▶ [TASK TO CARRY OUT]
From the entries that follow, work out how many lines contain "antt". Write the number only.

Collected data entries
-- ===== src/Analysis/Run.antt =====
-- The analysis run of internal/analysis/run.go: the types of a run and its transitions. JSON is a
-- parameter: `valid` is json.Valid and `unmarshal` json.Unmarshal into Output (none: its error), of
-- raw bytes as a list of numbers. A cost is a float64, here its 64 bits. The map `accessible` is a
-- function of the chunk. `cloneRun` copies what is a value here. Go's `==` on instants is equality.
use native.Mathlib.Decide.{ℕ_discrete}
use opensource_project_intel.Base.{
  ℕ, ◌+◌, ◌^◌, Bool, true, false, ◌&&◌, ◌||◌, not, Option, none, some, List, [], ◌∷◌, ◌++◌,
  if◌then◌else◌, ltb, leb, Eq, ◌==◌, eq_of_discrete, ◌≡◌, ◌↔◌, arith,
}
use opensource_project_intel.Base.Int.{ℤ, pos, ltb_ℤ, nonpositive, int_eq, int_beq, int_beq_iff}
use opensource_project_intel.Base.Lists.{contains}
use opensource_project_intel.Base.Result.{Result, ok, err, ◌>>=◌, ◌>>◌, fail_if}
use opensource_project_intel.Base.Text.{Text, text_eq, is_blank, trim_space}

pub data State : Type 0 where
  queued running succeeded failed cancelled : State
  other : Text → State

unfoldable pub State-discrete : Discrete State
State-discrete = hlevel ℕ_discrete

instance abbrev pub State_eq : Eq State
State_eq = eq_of_discrete State-discrete

pub data Error : Type 0 where
  invalid_run schema evidence_rejected selection_rejected : Error

-- knowledge.Citation.
pub record Citation : Type 0 where
  pub snapshot_id : ℤ
  pub chunk_id : ℤ
  pub start_offset : ℤ
  pub end_offset : ℤ

abbrev pub citation_beq : Citation → Citation → Bool
citation_beq a b =
    int_beq a.snapshot_id b.snapshot_id
    && int_beq a.chunk_id b.chunk_id
    && int_beq a.start_offset b.start_offset
    && int_beq a.end_offset b.end_offset

pub citation_beq_iff : (a b : Citation) → (citation_beq a b ≡ true) ↔ (a ≡ b)
citation_beq_iff a b = ground (
  arith,
  int_beq_iff a.snapshot_id b.snapshot_id,
  int_beq_iff a.chunk_id b.chunk_id,
  int_beq_iff a.start_offset b.start_offset,
  int_beq_iff a.end_offset b.end_offset,
)

instance abbrev pub citation_eq : Eq Citation
citation_eq = record { beq = citation_beq; beq_iff = citation_beq_iff }

pub record UsageRecord : Type 0 where
  pub input_tokens : ℤ
  pub output_tokens : ℤ
  pub cost : ℕ
  pub currency : Text

pub record Claim : Type 0 where
  pub text : Text
  pub citations : List Citation

pub record Output : Type 0 where
  pub summary : Text
  pub claims : List Claim

abbrev pub Bytes : Type 0
Bytes = List ℕ

pub record Run : Type 0 where
  pub id : ℤ
  pub series_id : ℤ
  pub project_id : ℤ
  pub parent_run_id : Option ℤ
  pub kind : Text
  pub state : State
  pub prompt_version : Text
  pub schema_version : Text
  pub retrieval_version : Text
  pub provider : Text
  pub model : Text
  pub language : Text
  pub requested_by : ℤ
  pub reason : Text
  pub cutoff : ℤ
  pub created_at : ℤ
  pub started_at : Option ℤ
  pub finished_at : Option ℤ
  pub output : Bytes
  pub evidence : List Citation
  pub usage : UsageRecord
  pub failure_code : Text

-- The conditions on the attributes that `NewRun` and `ValidateForPersistence` share.
unfoldable pub unattributed : Run → Bool
unattributed run =
    nonpositive run.id
    || nonpositive run.series_id
    || nonpositive run.project_id
    || is_blank run.kind
    || is_blank run.prompt_version
    || is_blank run.schema_version
    || is_blank run.retrieval_version
    || is_blank run.provider
    || is_blank run.model
    || is_blank run.language
    || nonpositive run.requested_by
    || (run.cutoff == pos 0)
    || (run.created_at == pos 0)

unfoldable pub new_run : Run → Result Error Run
unfolding unattributed
new_run value =
    if unattributed value
    then err invalid_run
    else ok (record value {
      provider = trim_space value.provider;
      model = trim_space value.model;
      language = trim_space value.language;
      reason = trim_space value.reason;
      state = queued;
      output = [];
      evidence = [];
    })

unfoldable pub start : Run → ℤ → Result Error Run
start run now =
    if not (run.state == queued) || ltb_ℤ now run.created_at
    then err invalid_run
    else ok (record run { state = running; started_at = some now })

-- `run.StartedAt == nil || now.Before(*run.StartedAt)`.
unfoldable pub before_start : Option ℤ → ℤ → Bool
before_start none now = true
before_start (some started) now = ltb_ℤ now started

-- `stored, exists := accessible[citation.ChunkID]; !exists || stored != citation`.
unfoldable pub granted : Option Citation → Citation → Bool
granted none citation = false
granted (some stored) citation = stored == citation

-- The inner loop of `validateOutput`.
unfoldable pub collect :
    (ℤ → Option Citation) → List Citation → List Citation → Result Error (List Citation)
unfolding granted
collect accessible evidence [] = ok evidence
collect accessible evidence (citation ∷ citations) =
    fail_if (not (granted (accessible citation.chunk_id) citation)) evidence_rejected
    >> collect accessible
        (if contains evidence citation then evidence else evidence ++ citation ∷ []) citations

-- `len(claim.Citations) == 0`.
abbrev pub no_citations : List Citation → Bool
no_citations [] = true
no_citations (_ ∷ _) = false

abbrev pub no_claims : List Claim → Bool
no_claims [] = true
no_claims (_ ∷ _) = false

-- The outer loop of `validateOutput`.
unfoldable pub collect_claims :
    (ℤ → Option Citation) → List Citation → List Claim → Result Error (List Citation)
unfolding collect
collect_claims accessible evidence [] = ok evidence
collect_claims accessible evidence (claim ∷ claims) =
    fail_if (is_blank claim.text || no_citations claim.citations) evidence_rejected
    >> (collect accessible evidence claim.citations >>= λ evidence'.
        collect_claims accessible evidence' claims)

unfoldable pub check_output : (ℤ → Option Citation) → Option Output → Result Error (List Citation)
unfolding collect_claims
check_output accessible none = err schema
check_output accessible (some output) =
    fail_if (is_blank output.summary || no_claims output.claims) schema
    >> collect_claims accessible [] output.claims

unfoldable pub validate_output :
    (Bytes → Bool)
    → (Bytes → Option Output)
    → Bytes
    → (ℤ → Option Citation)
    → Result Error (List Citation)
unfolding check_output
validate_output valid unmarshal raw accessible =
    fail_if (not (valid raw)) schema >> check_output accessible (unmarshal raw)

-- `cost < 0` of a float64: the sign is set, and it is no zero and no NaN.
unfoldable pub negative_float : ℕ → Bool
negative_float bits = ltb (2 ^ 63) bits && leb bits (2 ^ 63 + 0x7FF0_0000_0000_0000)

unfoldable pub validate_usage : UsageRecord → Result Error (Unit {0})
unfolding negative_float
validate_usage usage =
    fail_if
      (ltb_ℤ usage.input_tokens (pos 0)
        || ltb_ℤ usage.output_tokens (pos 0)
        || negative_float usage.cost)
      invalid_run

unfoldable pub succeed :
    (Bytes → Bool)
    → (Bytes → Option Output)
    → Run
    → Bytes
    → (ℤ → Option Citation)
    → UsageRecord
    → ℤ
    → Result Error Run
unfolding before_start validate_output validate_usage
succeed valid unmarshal run raw accessible usage now = do
  fail_if (not (run.state == running) || before_start run.started_at now || not (valid raw)) schema
  evidence ← validate_output valid unmarshal raw accessible
  validate_usage usage
  ok (record run {
    state = succeeded;
    finished_at = some now;
    output = raw;
    evidence = evidence;
    usage = usage;
  })

unfoldable pub fail : Run → Text → ℤ → Result Error Run
unfolding before_start
fail run code now =
    if not (run.state == running) || is_blank code || before_start run.started_at now
    then err invalid_run
    else ok (record run { state = failed; finished_at = some now; failure_code = trim_space code })

unfoldable pub cancel : Run → ℤ → Result Error Run
unfolding before_start
cancel run now =
    if not (run.state == running) || before_start run.started_at now
    then err invalid_run
    else ok (record run { state = cancelled; finished_at = some now })
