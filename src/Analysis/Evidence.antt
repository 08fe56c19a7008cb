-- ===== src/Analysis/Evidence.antt =====
-- What `validateOutput` of internal/analysis/run.go accepts and collects.
use opensource_project_intel.Base.{
  ◌≡◌, ◌↔◌, inl, inr, ◌≢◌, Bool, true, false, ◌||◌, Option, none, some, List, [], ◌∷◌, ◌++◌,
  if◌then◌else◌, arith, Bool-cases, Option-cases,
}
use opensource_project_intel.Base.Int.{ℤ}
use opensource_project_intel.Base.Lists.{contains, All}
use opensource_project_intel.Base.Result.{ok, is_ok, Result-cases}
use opensource_project_intel.Base.Text.{is_blank}
use opensource_project_intel.Analysis.Run.{
  Citation, citation_eq, citation_beq, citation_beq_iff, Claim, Output, Bytes, granted, collect,
  collect_claims, check_output, validate_output,
}

-- The map gives each citation itself under its chunk.
abbrev pub Resolves : (ℤ → Option Citation) → List Citation → Type 0
Resolves accessible = All λ c. accessible c.chunk_id ≡ some c

-- No citation stands twice.
abbrev pub IsUnrepeated : List Citation → Type 0
IsUnrepeated [] = Unit
IsUnrepeated (c ∷ cs) = (contains cs c ≡ false) × IsUnrepeated cs

granted_iff : (o : Option Citation) (c : Citation) → (granted o c ≡ true) ↔ (o ≡ some c)
unfolding granted
granted_iff none c = ground arith
granted_iff (some stored) c = ground (arith, citation_beq_iff stored c)

pub contains-snoc :
    (es : List Citation) (d c : Citation)
    → contains (es ++ d ∷ []) c ≡ (contains es c || citation_beq d c)
contains-snoc [] d c = ground arith
contains-snoc (e ∷ es) d c = ground (arith, contains-snoc es d c)

snoc-IsUnrepeated :
    (es : List Citation) (d : Citation)
    → IsUnrepeated es
    → contains es d ≡ false
    → IsUnrepeated (es ++ d ∷ [])
snoc-IsUnrepeated [] d u n = ground arith
snoc-IsUnrepeated (e ∷ es) d u n = ground (
  arith,
  snoc-IsUnrepeated es d u.1,
  contains-snoc es d e,
  citation_beq_iff d e,
  citation_beq_iff e d,
)

snoc-Resolves :
    (accessible : ℤ → Option Citation) (es : List Citation) (d : Citation)
    → Resolves accessible es
    → accessible d.chunk_id ≡ some d
    → Resolves accessible (es ++ d ∷ [])
snoc-Resolves accessible [] d r h = ground arith
snoc-Resolves accessible (e ∷ es) d r h = (r.0, snoc-Resolves accessible es d r.1 h)

pub Resolves-contains :
    (accessible : ℤ → Option Citation) (es : List Citation) (c : Citation)
    → Resolves accessible es
    → contains es c ≡ true
    → accessible c.chunk_id ≡ some c
Resolves-contains accessible [] c r h = ground arith
Resolves-contains accessible (e ∷ es) c r h =
    ground (arith, Resolves-contains accessible es c r.1, citation_beq_iff e c)

-- The evidence after one citation.
abbrev pub noted : List Citation → Citation → List Citation
noted evidence c = if contains evidence c then evidence else evidence ++ c ∷ []

noted-contains :
    (es : List Citation) (d c : Citation)
    → contains (noted es d) c ≡ (contains es c || citation_beq d c)
noted-contains es d c = ground (arith, contains-snoc es d c, citation_beq_iff d c)

-- Evidence whose citations are found and stand once.
abbrev pub IsSound : (ℤ → Option Citation) → List Citation → Type 0
IsSound accessible es = Resolves accessible es × IsUnrepeated es

noted-IsSound :
    (accessible : ℤ → Option Citation) (es : List Citation) (d : Citation)
    → IsSound accessible es
    → accessible d.chunk_id ≡ some d
    → IsSound accessible (noted es d)
noted-IsSound accessible es d s h = elim (Bool-cases (contains es d)) [
  | inl b ↦ ground arith
  | inr b ↦ ground (arith, snoc-Resolves accessible es d s.0 h, snoc-IsUnrepeated es d s.1 b)
]

pub collect-step :
    (accessible : ℤ → Option Citation) (es : List Citation) (d : Citation) (cs : List Citation)
    {es' : List Citation}
    → collect accessible es (d ∷ cs) ≡ ok es'
    → (accessible d.chunk_id ≡ some d) × (collect accessible (noted es d) cs ≡ ok es')
unfolding collect
collect-step accessible es d cs h = ground (arith, granted_iff (accessible d.chunk_id) d)

-- The citations that the loop takes are found, and the evidence gains exactly them.
collect-IsSound :
    (accessible : ℤ → Option Citation) (es cs : List Citation) {es' : List Citation}
    → collect accessible es cs ≡ ok es'
    → IsSound accessible es
    → IsSound accessible es' × Resolves accessible cs
unfolding collect
collect-IsSound accessible es [] h s = ground arith
collect-IsSound accessible es (d ∷ cs) h s =
    let (found, rest) = collect-step accessible es d cs h in
    let (sound, resolves) =
      collect-IsSound accessible (noted es d) cs rest (noted-IsSound accessible es d s found) in
    (sound, (found, resolves))

pub collect-contains :
    (accessible : ℤ → Option Citation) (es cs : List Citation) {es' : List Citation} (c : Citation)
    → collect accessible es cs ≡ ok es'
    → contains es' c ≡ (contains es c || contains cs c)
unfolding collect
collect-contains accessible es [] c h = ground arith
collect-contains accessible es (d ∷ cs) c h =
    let (found, rest) = collect-step accessible es d cs h in
    ground (arith, collect-contains accessible (noted es d) cs c rest, noted-contains es d c)

collect_complete :
    (accessible : ℤ → Option Citation) (es cs : List Citation)
    → Resolves accessible cs
    → is_ok (collect accessible es cs) ≡ true
unfolding collect
collect_complete accessible es [] r = ground arith
collect_complete accessible es (d ∷ cs) r =
    ground (
      arith,
      granted_iff (accessible d.chunk_id) d,
      collect_complete accessible (noted es d) cs r.1,
    )

-- A claim with a text and with citations that the map has.
abbrev pub IsBacked : (ℤ → Option Citation) → Claim → Type 0
IsBacked accessible claim =
    (is_blank claim.text ≡ false) × (claim.citations ≢ []) × Resolves accessible claim.citations

-- The citations of the claims, in order.
abbrev pub cited : List Claim → List Citation
cited [] = []
cited (claim ∷ claims) = claim.citations ++ cited claims

pub contains-append :
    (xs ys : List Citation) (c : Citation)
    → contains (xs ++ ys) c ≡ (contains xs c || contains ys c)
contains-append [] ys c = ground arith
contains-append (x ∷ xs) ys c = ground (arith, contains-append xs ys c)

pub claims-step :
    (accessible : ℤ → Option Citation) (es : List Citation) (claim : Claim) (claims : List Claim)
    {es' : List Citation}
    → collect_claims accessible es (claim ∷ claims) ≡ ok es'
    → (is_blank claim.text ≡ false)
      × (claim.citations ≢ [])
      × ((mid : List Citation) × (collect accessible es claim.citations ≡ ok mid)
          × (collect_claims accessible mid claims ≡ ok es'))
unfolding collect_claims
claims-step accessible es claim claims h =
    elim (Result-cases (collect accessible es claim.citations)) [
      | inl (mid, e) ↦ (ground arith, ground arith, (mid, e, ground arith))
      | inr (x, e) ↦ absurd ground arith
    ]

claims-IsSound :
    (accessible : ℤ → Option Citation) (es : List Citation) (claims : List Claim)
    {es' : List Citation}
    → collect_claims accessible es claims ≡ ok es'
    → IsSound accessible es
    → IsSound accessible es' × All (IsBacked accessible) claims
unfolding collect_claims
claims-IsSound accessible es [] h s = ground arith
claims-IsSound accessible es (claim ∷ claims) h s =
    let (text, some_cited, (mid, first, rest)) = claims-step accessible es claim claims h in
    let (sound, resolves) = collect-IsSound accessible es claim.citations first s in
    let (sound', backed) = claims-IsSound accessible mid claims rest sound in
    (sound', ((text, some_cited, resolves), backed))

pub claims-contains :
    (accessible : ℤ → Option Citation) (es : List Citation) (claims : List Claim)
    {es' : List Citation} (c : Citation)
    → collect_claims accessible es claims ≡ ok es'
    → contains es' c ≡ (contains es c || contains (cited claims) c)
unfolding collect_claims
claims-contains accessible es [] c h = ground arith
claims-contains accessible es (claim ∷ claims) c h =
    let (text, some_cited, (mid, first, rest)) = claims-step accessible es claim claims h in
    ground (
      arith,
      collect-contains accessible es claim.citations c first,
      claims-contains accessible mid claims c rest,
      contains-append claim.citations (cited claims) c,
    )

claims_complete :
    (accessible : ℤ → Option Citation) (es : List Citation) (claims : List Claim)
    → All (IsBacked accessible) claims
    → is_ok (collect_claims accessible es claims) ≡ true
unfolding collect_claims
claims_complete accessible es [] b = ground arith
claims_complete accessible es (claim ∷ claims) b =
    elim (Result-cases (collect accessible es claim.citations)) [
      | inl (mid, e) ↦ ground (arith, claims_complete accessible mid claims b.1)
      | inr (x, e) ↦ absurd ground (arith, collect_complete accessible es claim.citations b.0.2)
    ]

-- What an output must be: valid JSON of an output with a summary and with claims, each of which has a
-- text and cites citations that the map gives under their chunk.
unfoldable pub IsPublishable :
    (Bytes → Bool) → (Bytes → Option Output) → Bytes → (ℤ → Option Citation) → Output → Type 0
IsPublishable valid unmarshal raw accessible output =
    (valid raw ≡ true)
    × (unmarshal raw ≡ some output)
    × (is_blank output.summary ≡ false)
    × (output.claims ≢ [])
    × All (IsBacked accessible) output.claims

module _ (valid : Bytes → Bool) (unmarshal : Bytes → Option Output) (raw : Bytes)
    (accessible : ℤ → Option Citation) where
  pub output-step :
      {es : List Citation}
      → validate_output valid unmarshal raw accessible ≡ ok es
      → (output : Output) × (valid raw ≡ true)
        × (unmarshal raw ≡ some output)
        × (is_blank output.summary ≡ false)
        × (output.claims ≢ [])
        × (collect_claims accessible [] output.claims ≡ ok es)
  unfolding validate_output check_output
  output-step h = elim (Option-cases (unmarshal raw)) [
    | inl e ↦ absurd ground arith
    | inr (output, e) ↦ (output, ground arith, e, ground arith, ground arith, ground arith)
  ]

  -- `validateOutput` accepts exactly an output whose JSON is valid, with a summary and claims that all
  -- have a text and citations that the map gives under their chunk.
  pub validate_output_iff :
      (is_ok (validate_output valid unmarshal raw accessible) ≡ true)
      ↔ ((output : Output) × IsPublishable valid unmarshal raw accessible output)
  unfolding validate_output check_output IsPublishable
  validate_output_iff = (
    λ h. elim (Result-cases (validate_output valid unmarshal raw accessible)) [
      | inl (es, e) ↦
          let (output, v, u, s, n, c) = output-step e in
          (output, (v, u, s, n, (claims-IsSound accessible [] output.claims c (tt, tt)).1))
      | inr (x, e) ↦ absurd ground arith
    ],
    λ (output, (v, u, s, n, b)). ground (arith, claims_complete accessible [] output.claims b),
  )

  -- The evidence that `validateOutput` returns holds exactly the citations of the claims, each of them
  -- once, and the map gives each of them under its chunk.
  pub validate_output-cited :
      {es : List Citation}
      → validate_output valid unmarshal raw accessible ≡ ok es
      → (output : Output) × (unmarshal raw ≡ some output)
        × Resolves accessible es
        × IsUnrepeated es
        × ((c : Citation) → contains es c ≡ contains (cited output.claims) c)
  validate_output-cited h =
      let (output, v, u, s, n, c) = output-step h in
      let (sound, backed) = claims-IsSound accessible [] output.claims c (tt, tt) in
      (output, u, sound.0, sound.1, λ d. claims-contains accessible [] output.claims d c)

▶ [ANSWER SECTION]
3